Starting at the line below holding "(schema : List Text) (rows" and stopping at the line holding "rows-are_rows schema [] wide h = refl", print every line exactly, both ends included, and leave the rest out.

----- Given records

-- ===== src/Bq/Delivery.antt =====
-- An export of internal/bq/client.go before the check of internal/goldverify/verify.go, which reads
-- it with encoding/csv.
use go_drive_etl.Common.{
  ℕ, none, some, true, false, [], ◌∷◌, ok, Text, codes, Bool, Error, List, Option, refl, ap, ◌∙◌,
  ◌≡◌, if◌then◌else◌, not, map, message, text_eq, text_eq_refl, ==_iff, ◌==◌, ◌&&◌, length, arith,
  ◌≤◌, suc,
}
use go_drive_etl.Csv.{write_records, read_all}
use go_drive_etl.Csv.Fields.{no_field_returns}
use go_drive_etl.Csv.RoundTrip.{are_rows, is_blank, read_all-write_records}
use go_drive_etl.GoldVerify.{check_csv, check_records, expected_columns, CsvResult}
use go_drive_etl.Bq.{Client, RowIterator, record_of, export_query, matches_table, export_table_csv}
use go_drive_etl.Bq.Export.{collect, table_of, export_table_csv-table_of}

-- What a check reports of a table that was delivered as it was exported.
abbrev pub undamaged : Text → ℕ → CsvResult
undamaged table rows = record {
  table = table;
  rows = rows;
  columns = expected_columns table;
  duplicates = 0;
  matched = true;
  stable_id = false;
}

abbrev pub empty_csv : Error
empty_csv = message (codes "unexpected empty CSV")

length-map : {A B : Type 0} (f : A → B) (l : List A) → length (map f l) ≡ length l
length-map f [] = refl
length-map f (x ∷ l) = ap suc (length-map f l)

wide-is_blank : (fields : List Text) → 2 ≤ length fields → is_blank fields ≡ false
wide-is_blank [] h = ground arith
wide-is_blank (f ∷ []) h = ground arith
wide-is_blank ([] ∷ g ∷ fields) h = refl
wide-is_blank ((c ∷ f) ∷ g ∷ fields) h = refl

expected_columns-wide :
    (table : Text) (schema : List Text) → length schema ≡ expected_columns table → 2 ≤ length schema
expected_columns-wide table schema h = ground arith

check_records-undamaged :
    (table : Text) (allow_empty : Bool) (header : List Text) (records : List (List Text))
    → length header ≡ expected_columns table
    → check_records table true allow_empty (ok (header ∷ records)) ≡ (
      undamaged table (length records),
      if length records == 0 && not allow_empty then some empty_csv else none,
    )
unfolding check_records
check_records-undamaged table allow_empty header records h =
    rw (h, (==_iff (expected_columns table) (expected_columns table)).1 refl)

module _ {A : Type 0} (sprint : A → Text) where
  -- No text of the row has a carriage return.
  abbrev pub no_cell_returns : List Text → List (Text → Option A) → Bool
  no_cell_returns schema [] = true
  no_cell_returns schema (row ∷ rows) =
      no_field_returns (record_of sprint schema row) && no_cell_returns schema rows

  length-record_of :
      (schema : List Text) (row : Text → Option A)
      → length (record_of sprint schema row) ≡ length schema
  unfolding record_of
  length-record_of schema row = length-map _ schema

  rows-are_rows :
      (schema : List Text) (rows : List (Text → Option A))
      → 2 ≤ length schema
      → no_cell_returns schema rows ≡ true
      → are_rows (length schema) (map (record_of sprint schema) rows) ≡ true
  rows-are_rows schema [] wide h = refl
  rows-are_rows schema (row ∷ rows) wide h =
      let cells = record_of sprint schema row in
      let same : length cells ≡ length schema = length-record_of schema row in
      let rest = rows-are_rows schema rows wide (ground arith) in
      let full : is_blank cells ≡ false = wide-is_blank cells (ground arith) in ground arith

  -- A table with a valid name and of the expected width, whose query succeeds and whose rows are
  -- all read, without a carriage return in a column's name or a value, is exported; and the check
  -- of its CSV against itself reports no error and as many rows as there are, unless there are
  -- none and an empty table is not allowed.
  pub export_table_csv-check_csv :
      {W : Type 0} (c : Client A W) (table : Text) (allow_empty : Bool) (w : W) (it : RowIterator A)
      (rows : List (Text → Option A))
      → matches_table table ≡ true
      → (c.bq.read (export_query c table) w).0 ≡ ok it
      → collect it.rows ≡ ok rows
      → length it.schema ≡ expected_columns table
      → no_field_returns it.schema ≡ true
      → no_cell_returns it.schema rows ≡ true
      → (csv : Text) × ((export_table_csv c sprint table w).0 ≡ ok csv)
        × (check_csv read_all table csv csv allow_empty ≡ (
          undamaged table (length rows),
          if length rows == 0 && not allow_empty then some empty_csv else none,
        ))
  unfolding check_csv
  export_table_csv-check_csv c table allow_empty w it rows m read all width hs hr =
      let csv = write_records (table_of sprint it.schema rows) in
      let wide = expected_columns-wide table it.schema width in
      let full : is_blank it.schema ≡ false = wide-is_blank it.schema wide in
      let cells = rows-are_rows it.schema rows wide hr in
      (
        csv,
        export_table_csv-table_of sprint c table w ∙ rw (m, read, all),
        ap (check_records table (text_eq csv csv) allow_empty) (
              read_all-write_records it.schema (map (record_of sprint it.schema) rows)
                (ground arith))
            ∙ rw (text_eq_refl csv) (
                check_records-undamaged table allow_empty it.schema _ width
                ∙ rw (length-map (record_of sprint it.schema) rows)),
      )
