-- ===== src/Bq/Load.antt =====
-- What `InsertRows` of internal/bq/client.go loads.
use go_drive_etl.Common.{
  some, [], ◌∷◌, ok, err, Text, List, Option, Result, Error, ◌>>=◌, refl, sym, ap, ◌∙◌, ◌≡◌, ◌++◌,
  append_assoc, append-nil,
}
use go_drive_etl.Csv.{newline}
use go_drive_etl.Etl.Program.{Row}
use go_drive_etl.Bq.{Client, write_lines, run_job, load_rows}

module _ (marshal : Row → Result Text) where
  -- The texts of all rows, or the error of the first that has none.
  abbrev pub marshal_all : List Row → Result (List Text)
  marshal_all [] = ok []
  marshal_all (row ∷ rows) = marshal row >>= λ line. marshal_all rows >>= λ lines. ok (line ∷ lines)

  abbrev pub lines_text : List Text → Text
  lines_text [] = []
  lines_text (line ∷ lines) = (line ++ newline ∷ []) ++ lines_text lines

  lines-next :
      (line : Text) (r : Result (List Text)) (buf : Text)
      → (r >>= λ lines. ok ((buf ++ line ++ newline ∷ []) ++ lines_text lines))
        ≡ ((r >>= λ lines. ok (line ∷ lines)) >>= λ lines. ok (buf ++ lines_text lines))
  lines-next line (err e) buf = refl
  lines-next line (ok lines) buf = ap ok (simp append_assoc)

  write_lines-content :
      (buf : Text) (rows : List Row)
      → write_lines marshal buf rows ≡ (marshal_all rows >>= λ lines. ok (buf ++ lines_text lines))
  unfolding write_lines
  write_lines-content buf [] = ap ok (sym (append-nil buf))
  write_lines-content buf (row ∷ rows) =
      by_line (marshal row) refl (λ line. write_lines-content (buf ++ line ++ newline ∷ []) rows)
    where
      by_line :
          (r : Result Text)
          → marshal row ≡ r
          → ((line : Text)
              → write_lines marshal (buf ++ line ++ newline ∷ []) rows ≡ (
                  marshal_all rows >>= λ lines.
                  ok ((buf ++ line ++ newline ∷ []) ++ lines_text lines)))
          → write_lines marshal buf (row ∷ rows)
            ≡ (marshal_all (row ∷ rows) >>= λ lines. ok (buf ++ lines_text lines))
      by_line (err e) h step = rw (write_lines, h)
      by_line (ok line) h step =
          rw (write_lines, h) (step line ∙ lines-next line (marshal_all rows) buf)

  loaded :
      {A W : Type 0} (c : Client A W) (table : Text) (r : Result (List Text)) (w : W)
      → elim (r >>= λ lines. ok (lines_text lines)) as (λ _. Option Error × W) [
        | err e ↦ (some e, w)
        | ok content ↦ run_job c table content w
      ]
        ≡ elim r as (λ _. Option Error × W) [
          | err e ↦ (some e, w)
          | ok lines ↦ run_job c table (lines_text lines) w
        ]
  loaded c table (err e) w = refl
  loaded c table (ok lines) w = refl

  -- The rows of an insertion are loaded by one job, which gets a line for each of them, in their
  -- order, and by none at all when one of them has no JSON text: the result is then that row's
  -- error.
  pub load_rows-one_job :
      {A W : Type 0} (c : Client A W) (table : Text) (rows : List Row) (w : W)
      → load_rows c marshal table rows w ≡ elim (marshal_all rows) as (λ _. Option Error × W) [
        | err e ↦ (some e, w)
        | ok lines ↦ run_job c table (lines_text lines) w
      ]
  unfolding load_rows
  load_rows-one_job {W = W} c table rows w =
      ap
        (λ r. elim r as (λ _. Option Error × W) [
          | err e ↦ (some e, w)
          | ok content ↦ run_job c table content w
        ])
        (write_lines-content [] rows)
      ∙ loaded c table (marshal_all rows) w
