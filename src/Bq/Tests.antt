-- ===== src/Bq/Tests.antt =====
-- The theorems of the BigQuery client at a table with one row, whose second value is null.
use go_drive_etl.Common.{
  ℕ, none, some, true, false, [], ◌∷◌, ok, err, codes, Text, ◌≡◌, List, Result, Option, refl, ◌>>=◌,
  if◌then◌else◌, text_eq, ◌+◌,
}
use go_drive_etl.Csv.{write_records, read_all}
use go_drive_etl.GoldVerify.{check_csv}
use go_drive_etl.Etl.Program.{Row, text}
use go_drive_etl.Bq.{
  done, next, RowIterator, BigQuery, Client, matches_table, record_of, export_query,
  export_table_csv, invalid_table,
}
use go_drive_etl.Bq.Export.{collect, lines, export_table_csv-content}
use go_drive_etl.Bq.Delivery.{undamaged, export_table_csv-check_csv}

abbrev daily : Text
daily = codes "mart_ingestion_daily"

abbrev columns : List Text
columns = codes "a" ∷ codes "b" ∷ codes "c" ∷ codes "d" ∷ codes "e" ∷ codes "f" ∷ []

abbrev one_row : Text → Option Text
one_row name = if text_eq name (codes "b") then none else some (codes "x, ")

abbrev iter : RowIterator Text
iter = record { schema = columns; rows = next one_row done }

-- The state counts the jobs.
abbrev bq : BigQuery Text ℕ
bq = record {
  project = codes "p";
  read = λ query w. (ok iter, w);
  run = λ dataset table content w. (ok (λ v. (ok none, v)), w + 1);
}

abbrev client : Client Text ℕ
client = record { bq = bq; dataset = codes "etl"; export_dataset = codes "etl_gold" }

export_table_csv-content_example : (export_table_csv client (λ s. s) daily 0).0 ≡ (
    if matches_table daily
    then (client.bq.read (export_query client daily) 0).0 >>= (λ it.
        collect it.rows >>= λ rows. ok (write_records (it.schema ∷ lines (λ s. s) it.schema rows)))
    else err invalid_table)
export_table_csv-content_example = export_table_csv-content (λ s. s) client daily 0

valid : matches_table daily ≡ true
unfolding matches_table
valid = refl

export_table_csv-check_csv_example :
    (csv : Text) × ((export_table_csv client (λ s. s) daily 0).0 ≡ ok csv)
    × (check_csv read_all daily csv csv false ≡ (undamaged daily 1, none))
unfolding record_of
export_table_csv-check_csv_example =
    export_table_csv-check_csv (λ s. s) client daily false 0 iter (one_row ∷ []) valid refl refl
      refl refl refl

abbrev marshal : Row → Result Text
marshal row = ok (codes "{}")

abbrev loaded : List Row
loaded = ((codes "id", text (codes "1")) ∷ []) ∷ [] ∷ []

----------

- _Output of the task_:
      (schema : List Text) (rows : List (Text → Option A))
      → 2 ≤ length schema
      → no_cell_returns schema rows ≡ true
      → are_rows (length schema) (map (record_of sprint schema) rows) ≡ true
  rows-are_rows schema [] wide h = refl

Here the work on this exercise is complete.